Nonetheless, the total number of PLHIVs on ART is still not half of the 41,315 cases reported by HARP.
That more efforts need to be done now have been repeatedly stressed – e.g. by National Youth Commission’s Aiza Seguerra, who is pushing to allow people under 18 to get tested for HIV sans parental consent. As Seguerra noted, “it’s already difficult asking permission from our parents to have a night out. What more if you tell your parents, ‘I’m sexually active. I might have HIV. Please go with me.’ So it’s very hard.”
Bisdak Pride’s Doron is pushing for “more enabled local responders”. For instance, “the government should capacitate various barangay health units to expand the labor force in confronting the spread of HIV.”

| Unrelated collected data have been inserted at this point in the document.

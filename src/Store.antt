-- ===== src/Store.antt =====
-- agentd/src/agentd/db.py: the SQLite state store. `Rows` holds the schema, and each other child
-- the operations on one table, with the proofs below it.
-- Every method runs under the store's lock, so a method is one step on the whole store. A method
-- that reads `time.time()` takes that reading as an argument, `now`.
pub mod Rows
pub mod Schema
pub mod Deliveries
pub mod Breaker
pub mod Sessions
pub mod Turns
pub mod Artifacts
pub mod Escalations
pub mod Runners
pub mod Blocks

As it is, and even sans budget, Bisdak Pride is among the NGOs that offer community-based HIV screening (CBS), which Doron said is “anchored on a very fundamental issue: the time issue.” Currently, because of an antiquated law, those who get tested have to legally/officially wait from two weeks to even months before they can get their confirmatory result from SACCL (http://outragemag.com/the-waiting-period/). The CBS allows for those who get tested “to need not wait for a week or more to wait for their results, consequently providing them with timely and relevant response/s.”
For Tan, “we don’t only need to add to our existing responses to HIV; but some of these responses may actually need to be overhauled. We always say that ‘All efforts matter’ in the fight against HIV. But that we need to do more, and we need to do more NOW, cannot be stressed enough.”